Both described methods use results from listening tests that are time-consuming, expensive and impractical for everyday use. Consequently, the idea of substituting the subjective listening tests with objective, computer-based methods has become the main goal. After few years of research, in 1996 ITU finalized the recommendation P.861. This recommendation defines the method for the objective analysis of speech codecs. Since it is correlated up to 98% with the scores of subjective listening tests, it uses the PSQM algorithm for cognitive perceptual model. For specific applications, such as VoIP, the PSQM algorithm is not satisfactory, so in 2001. ITU finalized another refined method through recommendation P.862. It uses the PESQ algorithm for cognitive perceptual model. For wide band audio codecs ITU-R recommended the PEAQ algorithm implemented in recommendation ITU-R BS.1387.

The process of comparation, based upon mentioned cognitive models, is divided into several phases. Each phase gives us as a result one or more Model Output Variables (MOV), i.e. descriptors for various cognitive processes. The final quality figure takes into account all MOVs and is represented as single number Objective Difference Grade (ODG).

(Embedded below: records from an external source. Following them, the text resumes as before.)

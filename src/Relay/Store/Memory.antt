-- ===== src/Relay/Store/Memory.antt =====
-- `memoryStore` of internal/relay/store.go. Go ranges over a map in any order; the model in that of
-- the association list.
pub mod Codes
pub mod Nodes
pub mod Keys
pub mod Mutes
use nomctl.Prelude.{
  ℕ, ◌+◌, Bool, true, false, not, ◌&&◌, ◌||◌, Option, none, some, List, [], ◌∷◌, ◌++◌, Text, bytes,
  text_eq, ◌==◌, int_eq, nat_eq, ltb, leb, length, take, get_or, count_if, keep, any, ℤ, Result, ok,
  err, sort_by, text_ltb, if◌then◌else◌,
}
use nomctl.Prelude.Dict.{Dict, values, get, put, remove, delete_where}
use nomctl.Time.{Time}
use nomctl.AlertProto.{State}
use nomctl.Relay.Store.{
  StoreError, not_found, code_invalid, too_many_codes, name_taken, Node, Mute, Write, StoreOps,
}

abbrev pub max_codes_per_chat : ℕ
max_codes_per_chat = 5

pub record CodeRec : Type 0 where
  pub chat_id : ℤ
  pub expires : Time
  pub used : Bool

pub record MemoryStore : Type 0 where
  pub codes : Dict Text CodeRec
  pub nodes : Dict Text Node
  pub mutes : Dict Text Time
  pub last_sent : Dict Text (State × Time)

abbrev pub new_memory_store : MemoryStore
new_memory_store = record { codes = []; nodes = []; mutes = []; last_sent = [] }

-- `nodeID + "\x00" + alert`
abbrev pub key : Text → Text → Text
key node_id alert = node_id ++ 0 ∷ alert

-- `c.chatID == chatID && !c.used && c.expires.After(time.Now())`
abbrev pub is_unused : Time → ℤ → CodeRec → Bool
is_unused wall chat c = c.chat_id == chat && not c.used && ltb wall c.expires

unfoldable pub create_code : Time → ℤ → Text → Time → Write MemoryStore Unit
create_code wall chat code expires m =
    if leb max_codes_per_chat (count_if (is_unused wall chat) (values m.codes))
    then (err too_many_codes, m)
    else (
      ok tt,
      record m {
        codes = put code (record { chat_id = chat; expires = expires; used = false }) m.codes;
      },
    )

-- The part of `ConsumeCode` after the lookup.
consume : Text → Time → Option CodeRec → Write MemoryStore ℤ
consume code now none m = (err code_invalid, m)
consume code now (some c) m =
    if c.used || not (ltb now c.expires)
    then (err code_invalid, m)
    else (ok c.chat_id, record m { codes = put code (record c { used = true }) m.codes })

unfoldable pub consume_code : Text → Time → Write MemoryStore ℤ
unfolding consume
consume_code code now m = consume code now (get code m.codes) m

unfoldable pub create_node : Node → Write MemoryStore Unit
create_node n m =
    if any (λ other. other.chat_id == n.chat_id && other.name == n.name) (values m.nodes)
    then (err name_taken, m)
    else (ok tt, record m { nodes = put n.id n m.nodes })

unfoldable pub get_node : Text → MemoryStore → Result StoreError Node
get_node id m = elim (get id m.nodes) [ none ↦ err not_found | some n ↦ ok n ]

unfoldable pub list_nodes : ℤ → MemoryStore → Result StoreError (List Node)
list_nodes chat m =
    ok (sort_by (λ a b. text_ltb a.name b.name) (keep (λ n. n.chat_id == chat) (values m.nodes)))

unfoldable pub update_node : Node → Write MemoryStore Unit
update_node n m = elim (get n.id m.nodes) [
  | none ↦ (err not_found, m)
  | some _ ↦ (ok tt, record m { nodes = put n.id n m.nodes })
]

-- `len(k) > len(id) && k[:len(id)] == id && k[len(id)] == 0`
unfoldable pub belongs : Text → Text → Bool
belongs id k = ltb (length id) (length k) && take (length id) k == id && get_or k (length id) 0 == 0

-- What `DeleteNode` removes once it has found the node.
unfoldable pub forget : Text → MemoryStore → MemoryStore
forget id m = record m {
  nodes = remove id m.nodes;
  mutes = delete_where (λ k _. belongs id k) m.mutes;
  last_sent = delete_where (λ k _. belongs id k) m.last_sent;
}

unfoldable pub delete_node : Text → Write MemoryStore Unit
delete_node id m = elim (get id m.nodes) [
  | none ↦ (err not_found, m)
  | some _ ↦ (ok tt, forget id m)
]

unfoldable pub silent_candidates : Time → MemoryStore → Result StoreError (List Node)
silent_candidates before m = ok (
    sort_by (λ a b. text_ltb a.id b.id)
      (keep (λ n. not n.silent && ltb n.last_seen before) (values m.nodes)))

unfoldable pub set_mute : Mute → Write MemoryStore Unit
set_mute mu m = (ok tt, record m { mutes = put (key mu.node_id mu.alert) mu.until m.mutes })

unfoldable pub clear_mute : Text → Text → Write MemoryStore Unit
clear_mute id alert m = (ok tt, record m { mutes = remove (key id alert) m.mutes })

abbrev pub is_after : Option Time → Time → Bool
is_after none now = false
is_after (some until) now = ltb now until

unfoldable pub muted : Text → Text → Time → MemoryStore → Result StoreError Bool
muted id alert now m =
    ok (
      is_after (get (key id alert) m.mutes) now
      || is_after (get (key id (bytes "all")) m.mutes) now)

-- No record reads as the empty state and the zero time.
unfoldable pub last_sent : Text → Text → MemoryStore → Result StoreError (State × Time)
last_sent id alert m = elim (get (key id alert) m.last_sent) [
  | none ↦ ok (State.other [], 0)
  | some (st, at) ↦ ok (st, at)
]

unfoldable pub set_last_sent : Text → Text → State → Time → Write MemoryStore Unit
set_last_sent id alert st at m =
    (ok tt, record m { last_sent = put (key id alert) (st, at) m.last_sent })

abbrev pub memory : StoreOps MemoryStore
memory = record {
  create_code = create_code;
  consume_code = consume_code;
  create_node = create_node;
  get_node = get_node;
  list_nodes = list_nodes;
  update_node = update_node;
  delete_node = delete_node;
  silent_candidates = silent_candidates;
  set_mute = set_mute;
  clear_mute = clear_mute;
  muted = muted;
  last_sent = last_sent;
  set_last_sent = set_last_sent;
}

In this paper we show the results of tests made on various codecs* using the PEAQ measurement algorithm according to ITU-R BS.1387. We made the measurements using the computer measuring system Opera from Opticom. The measurement was done in the following way: first we encoded referential audio clip** on all codecs and on all most common bitrates. Then we decoded all of the resulting compressed clips and made tests in Opera comparing them with the referential uncompressed clip. In this phase the results are showed only for the 100% compatible encoders and decoders, i.e. the devices from the same manufacturer. Please note that all measurements were done in stereo so the bit rates are showed accordingly (i.e. 128 kbps refers to two [left and right] 64 kbps encoded audio channels).

For the brief overall comparison the final ODG value for different bit rates are shown in Fig.1. For deeper analysis we used the MOVs obtained during the measurements.

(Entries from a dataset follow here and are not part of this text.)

-- ===== src/Relay/Store/Memory/Nodes.antt =====
-- Nodes of the in-memory store: each stands under its id, and no two of a chat share a name.
use nomctl.Prelude.{
  ◌≡◌, sym, ◌∙◌, Bool, false, ◌&&◌, some, [], ◌∷◌, Text, text_eq, text_eqb_iff, int_eq, int_eqb_iff,
  ◌==◌, any, arith, Bool-cases, Option-cases, inl, inr, ◌⊎◌,
}
use nomctl.Prelude.Dict.{Dict, values, get, put, get-put, get-remove}
use nomctl.Relay.Store.{Node}
use nomctl.Relay.Store.Memory.{MemoryStore, create_node, update_node, delete_node, forget}

pub record HasNodes (m : MemoryStore) : Type 0 where
  pub keyed : (k : Text) (n : Node) → get k m.nodes ≡ some n → n.id ≡ k
  pub unique :
      (k j : Text) (n o : Node)
      → get k m.nodes ≡ some n
      → get j m.nodes ≡ some o
      → n.chat_id ≡ o.chat_id
      → n.name ≡ o.name
      → k ≡ j

-- What no value passes, the value at a key does not pass.
any-get :
    (p : Node → Bool) (k : Text) (m : Dict Text Node) (n : Node)
    → any p (values m) ≡ false
    → get k m ≡ some n
    → p n ≡ false
unfolding get
any-get p k [] n h e = cc
any-get p k ((j, w) ∷ m) n h e = ground (arith, any-get p k m n)

-- A write that keeps the rule: the id is the key, and no other key has its chat and name.
HasNodes-put :
    (n : Node) (m : MemoryStore)
    → HasNodes m
    → ((j : Text) (o : Node)
        → get j m.nodes ≡ some o
        → n.chat_id ≡ o.chat_id
        → n.name ≡ o.name
        → n.id ≡ j)
    → HasNodes (record m { nodes = put n.id n m.nodes })
HasNodes-put n m v alone = record {
  keyed = λ k a e. ground (arith, get-put n.id k n m.nodes, text_eqb_iff n.id k, v.keyed k a);
  unique = λ k j a b p q same_chat same_name. ground (
    arith,
    get-put n.id k n m.nodes,
    get-put n.id j n m.nodes,
    text_eqb_iff n.id k,
    text_eqb_iff n.id j,
    v.unique k j a b,
    alone j b,
    alone k a,
  );
}

-- Creating a node, whether its name is free or taken, keeps each node under its id and the names
-- of a chat's nodes apart.
pub create_node-HasNodes : (n : Node) (m : MemoryStore) → HasNodes m → HasNodes (create_node n m).1
unfolding create_node
create_node-HasNodes n m v =
    let p = λ (other : Node). other.chat_id == n.chat_id && other.name == n.name in
    elim (Bool-cases (any p (values m.nodes))) [
      | inl taken ↦ rw taken v
      | inr free ↦ rw free (
          HasNodes-put n m v λ j o there same_chat same_name. absurd (
            ground (
              arith,
              any-get p j m.nodes o free there,
              int_eqb_iff o.chat_id n.chat_id,
              text_eqb_iff o.name n.name,
            )))
    ]

update_node-cases :
    (n : Node) (m : MemoryStore)
    → ((update_node n m).1 ≡ m)
      ⊎ ((o : Node) × (get n.id m.nodes ≡ some o)
          × ((update_node n m).1 ≡ record m { nodes = put n.id n m.nodes }))
unfolding update_node
update_node-cases n m = elim (Option-cases (get n.id m.nodes)) [
  | inl gone ↦ inl (ground arith)
  | inr (o, there) ↦ inr (o, there, ground arith)
]

-- An update that leaves the chat and the name of the node that it replaces keeps each node under
-- its id and the names of a chat's nodes apart.
pub update_node-HasNodes :
    (n : Node) (m : MemoryStore)
    → HasNodes m
    → ((o : Node) → get n.id m.nodes ≡ some o → (n.chat_id ≡ o.chat_id) × (n.name ≡ o.name))
    → HasNodes (update_node n m).1
update_node-HasNodes n m v same = elim (update_node-cases n m) [
  | inl gone ↦ rw gone v
  | inr (o, there, done) ↦ rw done (
      HasNodes-put n m v λ j other at same_chat same_name.
        let kept = same o there in
        v.unique n.id j o other there at (sym kept.0 ∙ same_chat) (sym kept.1 ∙ same_name))
]

forget-HasNodes : (id : Text) (m : MemoryStore) → HasNodes m → HasNodes (forget id m)
unfolding forget
forget-HasNodes id m v = record {
  keyed = λ k n. ground (arith, get-remove id k m.nodes, v.keyed k n);
  unique =
      λ k j n o. ground (arith, get-remove id k m.nodes, get-remove id j m.nodes, v.unique k j n o);
}

-- Forgetting a node keeps the rule.
pub delete_node-HasNodes :
    (id : Text) (m : MemoryStore) → HasNodes m → HasNodes (delete_node id m).1
unfolding delete_node
delete_node-HasNodes id m v = elim (Option-cases (get id m.nodes)) [
  | inl gone ↦ rw (gone, delete_node) v
  | inr (n, there) ↦ rw (there, delete_node) (forget-HasNodes id m v)
]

-4-3.5-3-2.5-2-1.5-1-0.50ODGMP3-3.19-1.46-0.4-0.10.01AAC-3.2-0.71-0.33-0.15-0.15OGG-3.1-0.43-0.31-0.160.01MP2-3.37-2.32-0.75-0.3364 kbps128 kbps160 kbps192 kbps256 kbps
Figure 1 – ODG values for 4 different codecs
It is visible that all codecs act similarly at higher (≥160 kbps) bitrates - the differences are minimal except for the MP2. On the lower bitrates (<160 kbps) on the other hand, we can see different behavior of all four codecs, especially in the most interesting 128 kbps. The best is OGG Vorbis and the AAC is very near.

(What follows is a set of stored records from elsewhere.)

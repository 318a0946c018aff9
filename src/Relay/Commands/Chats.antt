-- ===== src/Relay/Commands/Chats.antt =====
-- A command reaches only the nodes of the chat that sent it. The store is the one in memory.
use nomctl.Prelude.{
  ◌≡◌, ◌≢◌, refl, inl, inr, ap, sym, ◌∙◌, Bool, true, not, Option, none, some, List, [], ◌∷◌, Text,
  text_eq, int_eq, ◌==◌, eqb_refl, eqb_ne, ℤ, int_eqb_iff, text_eqb_iff, all, keep, sort_by,
  text_ltb, all-sort_by, Bool-cases, arith,
}
use nomctl.Prelude.Dict.{Dict, values, get, get-remove, Distinct}
use nomctl.Relay.Store.{Node}
use nomctl.Relay.Store.Memory.{MemoryStore, memory, list_nodes, delete_node, forget}
use nomctl.Relay.Store.Memory.Nodes.{HasNodes}
use nomctl.Relay.Server.{Env, Server}
use nomctl.Relay.Commands.{Lang, find_named, on_node, on_nodes, with_node, unpair_node, cmd_unpair}

-- What holds of each entry of a map holds of its values.
all-keep :
    (p q : Node → Bool) (m : Dict Text Node)
    → Distinct m
    → ((k : Text) (n : Node) → get k m ≡ some n → p n ≡ true → q n ≡ true)
    → all q (keep p (values m)) ≡ true
unfolding get
all-keep p q [] d h = refl
all-keep p q ((j, w) ∷ m) (fresh, d) h =
    let first : p w ≡ true → q w ≡ true = h j w (rw eqb_refl) in
    let rest = all-keep p q m d (λ k n e. h k n (ground (arith, text_eqb_iff j k))) in ground arith

all-find_named :
    (lang : Lang) (q : Node → Bool) (name : Text) (ns : List Node) (n : Node)
    → all q ns ≡ true
    → find_named lang name ns ≡ some n
    → q n ≡ true
unfolding find_named
all-find_named lang q name [] n h e = cc
all-find_named lang q name (x ∷ ns) n h e = ground (arith, all-find_named lang q name ns n)

module _ (lang : Lang) (env : Env) (chat : ℤ) (other : Text) (s : Server MemoryStore) (o : Node)
    (distinct : Distinct s.store.nodes) (nodes : HasNodes s.store)
    (there : get other s.store.nodes ≡ some o) (foreign : o.chat_id ≢ chat) where
  -- No node of the chat is the other one.
  foreign_id :
      all (λ n. not (n.id == other)) (keep (λ n. n.chat_id == chat) (values s.store.nodes)) ≡ true
  foreign_id =
      all-keep (λ n. n.chat_id == chat) (λ n. not (n.id == other)) s.store.nodes distinct
        (λ k n e same. elim (Bool-cases (n.id == other)) [
          | inr apart ↦ ground arith
          | inl equal ↦
              (let here : n.id ≡ other = (text_eqb_iff n.id other).0 equal in
                let one : some n ≡ some o =
                  sym e ∙ ap (λ j. get j s.store.nodes) (sym (nodes.keyed k n e) ∙ here) ∙ there in
                let node : n ≡ o = ground arith in
                absurd (
                  foreign (
                    ap (λ (x : Node). x.chat_id) (sym node) ∙ (int_eqb_iff n.chat_id chat).0 same)))
        ])

  delete_node-other : (id : Text) → id ≢ other → get other (delete_node id s.store).1.nodes ≡ some o
  unfolding delete_node forget
  delete_node-other id ne =
      ground (arith, get-remove id other s.store.nodes, eqb_ne id other ne, there)

  cmd_unpair_found :
      (name : Text) (n : Node)
      → find_named lang name (
          sort_by
            (λ a b. text_ltb a.name b.name)
            (keep (λ n. n.chat_id == chat) (values s.store.nodes)))
        ≡ some n
      → n.id ≢ other
  cmd_unpair_found name n found same =
      let apart : not (n.id == other) ≡ true =
        all-find_named lang (λ n. not (n.id == other)) name _ n
          (all-sort_by (λ n. not (n.id == other)) (λ a b. text_ltb a.name b.name) _ foreign_id)
          found in
      ground (arith, text_eqb_iff n.id other)

  store-unpair_node :
      (n : Node) → (unpair_node lang memory env n s).1.store ≡ (delete_node n.id s.store).1
  unfolding unpair_node delete_node
  store-unpair_node n = ground arith

  -- The outcome of `/unpair` by what the search finds.
  on_node-other :
      (name : Text) (found : Option Node)
      → find_named lang name (
          sort_by
            (λ a b. text_ltb a.name b.name)
            (keep (λ n. n.chat_id == chat) (values s.store.nodes)))
        ≡ found
      → get other
          (on_node lang memory env name s
            (λ n. unpair_node lang memory env n s)
            found).1.store.nodes
        ≡ some o
  unfolding on_node
  on_node-other name none e = there
  on_node-other name (some n) e =
      rw (store-unpair_node n) (delete_node-other n.id (cmd_unpair_found name n e))

  -- Over the in-memory store, with one entry for each node and each node under its id: `/unpair` from
  -- a chat leaves a node of another chat as it is, whatever its arguments.
  pub cmd_unpair-other :
      (args : List Text) → get other (cmd_unpair lang memory env chat args s).1.store.nodes ≡ some o
  unfolding cmd_unpair with_node on_nodes list_nodes
  cmd_unpair-other [] = there
  cmd_unpair-other (name ∷ rest) = on_node-other name _ refl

From these results we can conclude that it is very important to pick the right codec at lower bitrates while it is not so important on higher bitrates in the terms of audio quality. However, due to the popularity of some codecs, i.e. MP3, the choice is often not only based on quality and that is why it is very hard to recommend any in particular.

* The codecs used are standard MP2 and MP3 (or MPEG 1 layer 2 and layer 3, according to ISO/IEC 11172/3, 1992. where MPEG stands for Moving Picture Experts Group and ISO/IEC for International Standards Organization/International Electrotechnical Commission), AAC (Advanced Audio Coding or MPEG 2 AAC, according to ISO/IEC 13818/3, 1994.) and OGG Vorbis (free codec from Xiph.org, different from MPEG 1 and 2 standards). They all use psychoacoustic methods for lossy compression (some data is discarded as irrelevant according to their algorithm and cannot be restored unlike lossless compression where no data is lost) of the audio data - the differences are in their algorithms and their complexity so they do not act the same which is visible from the results of the measurements.
** The audio clip used for encoding and testing was ripped from audio CD in WAV format (16 bit, 44.1 kHz), it was 5 seconds in duration, and was the same for all four codecs.